# TASK ITEM:
Below are some records. How many of their lines contain the string "Prelude"? Give the number only.

# GIVEN ENTRIES:

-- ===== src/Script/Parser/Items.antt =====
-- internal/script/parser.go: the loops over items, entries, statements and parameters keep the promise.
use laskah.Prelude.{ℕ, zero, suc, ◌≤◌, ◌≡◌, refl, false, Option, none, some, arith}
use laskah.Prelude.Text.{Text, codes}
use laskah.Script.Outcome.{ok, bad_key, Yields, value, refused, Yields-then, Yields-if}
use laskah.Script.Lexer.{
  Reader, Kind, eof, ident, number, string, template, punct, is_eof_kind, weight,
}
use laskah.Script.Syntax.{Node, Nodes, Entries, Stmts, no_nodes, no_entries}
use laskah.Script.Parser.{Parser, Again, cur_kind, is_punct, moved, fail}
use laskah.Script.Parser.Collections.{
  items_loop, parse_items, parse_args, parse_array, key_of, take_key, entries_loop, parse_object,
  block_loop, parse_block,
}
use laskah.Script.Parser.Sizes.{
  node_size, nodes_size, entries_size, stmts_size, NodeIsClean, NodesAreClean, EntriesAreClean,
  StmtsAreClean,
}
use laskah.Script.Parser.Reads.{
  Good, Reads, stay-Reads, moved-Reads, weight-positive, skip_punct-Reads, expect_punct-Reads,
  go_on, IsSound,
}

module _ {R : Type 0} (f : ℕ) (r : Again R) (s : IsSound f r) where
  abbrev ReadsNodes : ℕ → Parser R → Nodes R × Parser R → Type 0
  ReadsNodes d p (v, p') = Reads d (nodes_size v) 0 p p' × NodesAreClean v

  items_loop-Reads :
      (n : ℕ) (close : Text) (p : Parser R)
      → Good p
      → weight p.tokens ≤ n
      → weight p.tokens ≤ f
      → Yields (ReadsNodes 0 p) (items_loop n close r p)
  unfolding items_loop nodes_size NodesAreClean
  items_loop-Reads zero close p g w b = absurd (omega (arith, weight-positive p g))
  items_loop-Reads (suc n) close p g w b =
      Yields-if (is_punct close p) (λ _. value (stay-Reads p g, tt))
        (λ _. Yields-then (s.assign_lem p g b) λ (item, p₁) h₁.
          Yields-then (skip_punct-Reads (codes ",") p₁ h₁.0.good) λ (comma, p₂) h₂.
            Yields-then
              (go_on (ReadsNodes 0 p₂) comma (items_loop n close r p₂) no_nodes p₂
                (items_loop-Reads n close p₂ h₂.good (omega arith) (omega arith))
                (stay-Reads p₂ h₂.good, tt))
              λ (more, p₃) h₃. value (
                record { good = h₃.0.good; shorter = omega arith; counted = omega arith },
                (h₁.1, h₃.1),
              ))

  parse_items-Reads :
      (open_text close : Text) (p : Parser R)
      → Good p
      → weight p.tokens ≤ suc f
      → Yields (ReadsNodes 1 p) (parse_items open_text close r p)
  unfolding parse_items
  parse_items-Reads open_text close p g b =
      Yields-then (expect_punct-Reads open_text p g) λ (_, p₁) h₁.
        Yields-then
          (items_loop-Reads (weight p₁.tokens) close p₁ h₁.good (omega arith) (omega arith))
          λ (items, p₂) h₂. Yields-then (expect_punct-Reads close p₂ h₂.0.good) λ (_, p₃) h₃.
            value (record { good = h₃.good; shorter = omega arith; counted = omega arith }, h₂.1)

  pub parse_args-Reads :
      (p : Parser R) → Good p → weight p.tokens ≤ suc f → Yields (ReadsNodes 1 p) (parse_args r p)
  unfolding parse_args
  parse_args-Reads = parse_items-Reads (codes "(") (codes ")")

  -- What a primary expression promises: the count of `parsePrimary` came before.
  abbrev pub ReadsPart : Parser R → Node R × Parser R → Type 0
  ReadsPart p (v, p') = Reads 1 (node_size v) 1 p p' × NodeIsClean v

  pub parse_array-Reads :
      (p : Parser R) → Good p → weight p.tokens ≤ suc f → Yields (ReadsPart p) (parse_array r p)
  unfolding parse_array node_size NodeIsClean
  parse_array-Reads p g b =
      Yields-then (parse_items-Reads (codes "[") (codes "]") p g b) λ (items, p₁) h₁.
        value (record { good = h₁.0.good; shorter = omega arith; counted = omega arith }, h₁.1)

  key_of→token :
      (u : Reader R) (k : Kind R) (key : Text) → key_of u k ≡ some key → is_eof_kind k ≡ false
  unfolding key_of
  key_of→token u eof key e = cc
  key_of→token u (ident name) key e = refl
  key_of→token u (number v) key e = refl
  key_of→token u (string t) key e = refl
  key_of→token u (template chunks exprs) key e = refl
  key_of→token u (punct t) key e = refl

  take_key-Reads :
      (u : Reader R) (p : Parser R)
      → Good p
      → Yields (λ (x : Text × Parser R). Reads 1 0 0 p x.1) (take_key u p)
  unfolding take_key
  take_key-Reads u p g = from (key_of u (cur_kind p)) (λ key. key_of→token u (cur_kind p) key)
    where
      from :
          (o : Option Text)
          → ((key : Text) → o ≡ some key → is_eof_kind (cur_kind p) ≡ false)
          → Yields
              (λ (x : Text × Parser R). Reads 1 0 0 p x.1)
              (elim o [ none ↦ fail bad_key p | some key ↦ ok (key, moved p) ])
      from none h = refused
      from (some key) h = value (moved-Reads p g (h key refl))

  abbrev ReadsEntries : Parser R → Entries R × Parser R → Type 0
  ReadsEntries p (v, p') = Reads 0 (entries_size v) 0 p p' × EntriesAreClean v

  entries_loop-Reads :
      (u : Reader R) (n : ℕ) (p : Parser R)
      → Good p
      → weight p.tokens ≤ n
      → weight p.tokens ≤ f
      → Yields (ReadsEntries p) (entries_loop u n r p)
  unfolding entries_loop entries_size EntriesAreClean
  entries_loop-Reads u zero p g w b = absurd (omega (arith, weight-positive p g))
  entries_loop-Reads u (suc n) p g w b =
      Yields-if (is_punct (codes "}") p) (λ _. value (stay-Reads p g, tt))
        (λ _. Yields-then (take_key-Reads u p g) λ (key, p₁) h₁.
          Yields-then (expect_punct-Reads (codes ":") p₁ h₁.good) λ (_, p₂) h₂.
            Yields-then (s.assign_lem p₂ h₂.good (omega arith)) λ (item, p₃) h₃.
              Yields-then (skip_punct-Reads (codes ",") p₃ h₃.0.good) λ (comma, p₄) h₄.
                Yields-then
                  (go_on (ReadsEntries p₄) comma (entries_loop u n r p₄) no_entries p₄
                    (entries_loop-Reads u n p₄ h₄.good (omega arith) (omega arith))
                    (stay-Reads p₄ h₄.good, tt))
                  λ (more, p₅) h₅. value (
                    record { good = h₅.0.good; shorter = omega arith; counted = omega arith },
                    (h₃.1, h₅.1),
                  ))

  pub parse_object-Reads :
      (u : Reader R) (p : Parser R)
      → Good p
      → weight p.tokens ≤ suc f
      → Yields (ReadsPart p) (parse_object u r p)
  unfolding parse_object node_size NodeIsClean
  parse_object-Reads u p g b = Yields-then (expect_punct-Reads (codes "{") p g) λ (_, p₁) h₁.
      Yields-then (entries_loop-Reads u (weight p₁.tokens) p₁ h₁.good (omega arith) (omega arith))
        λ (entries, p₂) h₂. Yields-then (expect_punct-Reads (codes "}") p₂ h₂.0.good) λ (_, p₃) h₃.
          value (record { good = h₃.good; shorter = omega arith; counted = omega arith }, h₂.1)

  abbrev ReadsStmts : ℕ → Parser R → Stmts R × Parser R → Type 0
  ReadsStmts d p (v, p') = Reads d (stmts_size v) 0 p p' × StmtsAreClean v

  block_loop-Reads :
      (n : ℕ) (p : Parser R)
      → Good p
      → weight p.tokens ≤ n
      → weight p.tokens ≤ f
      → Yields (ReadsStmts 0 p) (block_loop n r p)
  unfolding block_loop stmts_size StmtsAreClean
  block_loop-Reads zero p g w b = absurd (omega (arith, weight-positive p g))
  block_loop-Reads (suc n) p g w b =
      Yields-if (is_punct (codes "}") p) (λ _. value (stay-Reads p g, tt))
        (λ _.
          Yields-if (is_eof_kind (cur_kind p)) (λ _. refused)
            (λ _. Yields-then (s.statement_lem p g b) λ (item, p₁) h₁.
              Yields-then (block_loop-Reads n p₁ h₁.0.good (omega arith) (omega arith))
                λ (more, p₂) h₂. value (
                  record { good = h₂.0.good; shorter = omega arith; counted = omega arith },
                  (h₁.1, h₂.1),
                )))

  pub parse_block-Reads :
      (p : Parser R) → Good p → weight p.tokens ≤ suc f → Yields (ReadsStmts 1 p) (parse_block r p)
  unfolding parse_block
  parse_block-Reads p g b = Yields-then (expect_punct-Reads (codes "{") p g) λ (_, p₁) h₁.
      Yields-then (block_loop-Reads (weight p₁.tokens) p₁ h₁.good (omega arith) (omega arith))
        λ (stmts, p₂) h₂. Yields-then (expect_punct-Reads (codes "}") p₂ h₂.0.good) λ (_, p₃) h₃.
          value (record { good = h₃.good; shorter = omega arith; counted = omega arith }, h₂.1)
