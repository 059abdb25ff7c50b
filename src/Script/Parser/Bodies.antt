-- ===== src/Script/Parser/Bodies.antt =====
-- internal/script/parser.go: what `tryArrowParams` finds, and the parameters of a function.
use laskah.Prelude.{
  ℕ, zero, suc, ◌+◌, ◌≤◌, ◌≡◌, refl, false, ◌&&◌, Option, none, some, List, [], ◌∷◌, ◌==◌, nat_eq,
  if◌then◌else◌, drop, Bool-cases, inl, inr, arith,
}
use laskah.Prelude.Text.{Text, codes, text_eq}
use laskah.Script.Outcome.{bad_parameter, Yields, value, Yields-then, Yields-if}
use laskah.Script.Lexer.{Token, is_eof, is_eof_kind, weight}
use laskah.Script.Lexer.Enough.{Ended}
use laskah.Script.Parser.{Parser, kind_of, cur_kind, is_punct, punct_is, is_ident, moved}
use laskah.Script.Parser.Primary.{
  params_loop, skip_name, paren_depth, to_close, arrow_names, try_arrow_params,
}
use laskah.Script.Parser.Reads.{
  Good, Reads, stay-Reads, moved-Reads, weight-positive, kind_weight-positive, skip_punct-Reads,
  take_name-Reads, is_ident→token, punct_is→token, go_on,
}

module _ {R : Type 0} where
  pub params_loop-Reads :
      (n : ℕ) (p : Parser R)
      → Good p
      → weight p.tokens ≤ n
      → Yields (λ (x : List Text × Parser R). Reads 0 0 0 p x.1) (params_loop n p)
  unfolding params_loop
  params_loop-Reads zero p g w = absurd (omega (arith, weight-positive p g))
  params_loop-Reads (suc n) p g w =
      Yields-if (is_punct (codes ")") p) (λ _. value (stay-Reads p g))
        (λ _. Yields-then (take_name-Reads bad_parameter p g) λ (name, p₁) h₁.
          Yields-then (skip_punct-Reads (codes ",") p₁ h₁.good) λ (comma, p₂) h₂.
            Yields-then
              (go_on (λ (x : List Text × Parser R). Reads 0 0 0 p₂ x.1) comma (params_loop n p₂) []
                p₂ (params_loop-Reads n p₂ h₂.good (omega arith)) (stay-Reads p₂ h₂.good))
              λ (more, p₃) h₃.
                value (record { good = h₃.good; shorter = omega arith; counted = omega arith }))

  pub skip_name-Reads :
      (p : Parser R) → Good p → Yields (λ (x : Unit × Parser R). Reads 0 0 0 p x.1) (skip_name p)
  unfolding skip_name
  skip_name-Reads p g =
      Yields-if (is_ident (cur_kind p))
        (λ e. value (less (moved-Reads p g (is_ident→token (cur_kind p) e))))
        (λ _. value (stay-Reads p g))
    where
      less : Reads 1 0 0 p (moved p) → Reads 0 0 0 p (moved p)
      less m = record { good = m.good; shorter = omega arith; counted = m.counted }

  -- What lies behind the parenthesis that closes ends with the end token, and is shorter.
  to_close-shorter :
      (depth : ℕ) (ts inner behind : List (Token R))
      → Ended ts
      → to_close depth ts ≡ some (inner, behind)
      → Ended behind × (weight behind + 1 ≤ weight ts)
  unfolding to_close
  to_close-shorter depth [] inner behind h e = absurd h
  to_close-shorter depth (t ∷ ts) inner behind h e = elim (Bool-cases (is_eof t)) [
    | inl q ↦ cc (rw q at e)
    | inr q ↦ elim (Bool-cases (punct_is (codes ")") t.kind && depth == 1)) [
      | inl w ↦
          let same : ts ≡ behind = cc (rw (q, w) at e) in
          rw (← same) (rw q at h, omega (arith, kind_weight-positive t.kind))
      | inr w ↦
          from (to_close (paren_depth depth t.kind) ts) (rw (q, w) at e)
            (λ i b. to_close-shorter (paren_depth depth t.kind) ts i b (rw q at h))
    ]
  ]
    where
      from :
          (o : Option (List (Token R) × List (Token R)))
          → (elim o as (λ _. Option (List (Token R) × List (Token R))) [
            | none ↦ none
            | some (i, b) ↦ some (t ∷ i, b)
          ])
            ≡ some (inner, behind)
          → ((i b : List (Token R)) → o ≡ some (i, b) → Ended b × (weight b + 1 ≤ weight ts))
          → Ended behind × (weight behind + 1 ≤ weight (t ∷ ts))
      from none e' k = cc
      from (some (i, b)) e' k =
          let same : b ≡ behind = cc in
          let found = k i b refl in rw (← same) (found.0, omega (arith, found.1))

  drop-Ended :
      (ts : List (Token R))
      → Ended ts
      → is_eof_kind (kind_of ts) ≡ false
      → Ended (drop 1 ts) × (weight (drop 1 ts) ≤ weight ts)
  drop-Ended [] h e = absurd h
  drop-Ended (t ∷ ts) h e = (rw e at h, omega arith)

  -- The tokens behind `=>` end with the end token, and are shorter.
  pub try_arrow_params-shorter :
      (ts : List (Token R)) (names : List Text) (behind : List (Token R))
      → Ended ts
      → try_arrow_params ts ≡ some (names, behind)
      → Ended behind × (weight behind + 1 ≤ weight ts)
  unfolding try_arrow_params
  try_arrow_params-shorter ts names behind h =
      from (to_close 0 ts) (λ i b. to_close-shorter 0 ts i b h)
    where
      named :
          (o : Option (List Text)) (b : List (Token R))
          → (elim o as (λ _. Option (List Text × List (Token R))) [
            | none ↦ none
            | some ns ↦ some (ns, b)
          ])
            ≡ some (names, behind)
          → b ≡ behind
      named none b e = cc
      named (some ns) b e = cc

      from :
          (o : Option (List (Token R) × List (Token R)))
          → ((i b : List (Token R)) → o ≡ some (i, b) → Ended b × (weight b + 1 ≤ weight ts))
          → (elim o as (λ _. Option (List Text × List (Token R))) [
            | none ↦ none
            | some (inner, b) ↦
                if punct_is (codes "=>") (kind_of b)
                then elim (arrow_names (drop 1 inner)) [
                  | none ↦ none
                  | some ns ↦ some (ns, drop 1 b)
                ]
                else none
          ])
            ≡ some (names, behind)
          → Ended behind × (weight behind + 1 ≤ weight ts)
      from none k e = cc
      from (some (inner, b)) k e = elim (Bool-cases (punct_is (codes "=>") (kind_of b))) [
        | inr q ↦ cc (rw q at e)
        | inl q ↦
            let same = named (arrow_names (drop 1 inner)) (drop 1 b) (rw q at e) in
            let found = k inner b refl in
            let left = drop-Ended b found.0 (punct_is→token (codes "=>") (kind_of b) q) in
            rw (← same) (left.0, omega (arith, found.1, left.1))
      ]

# TASK ANSWER:
4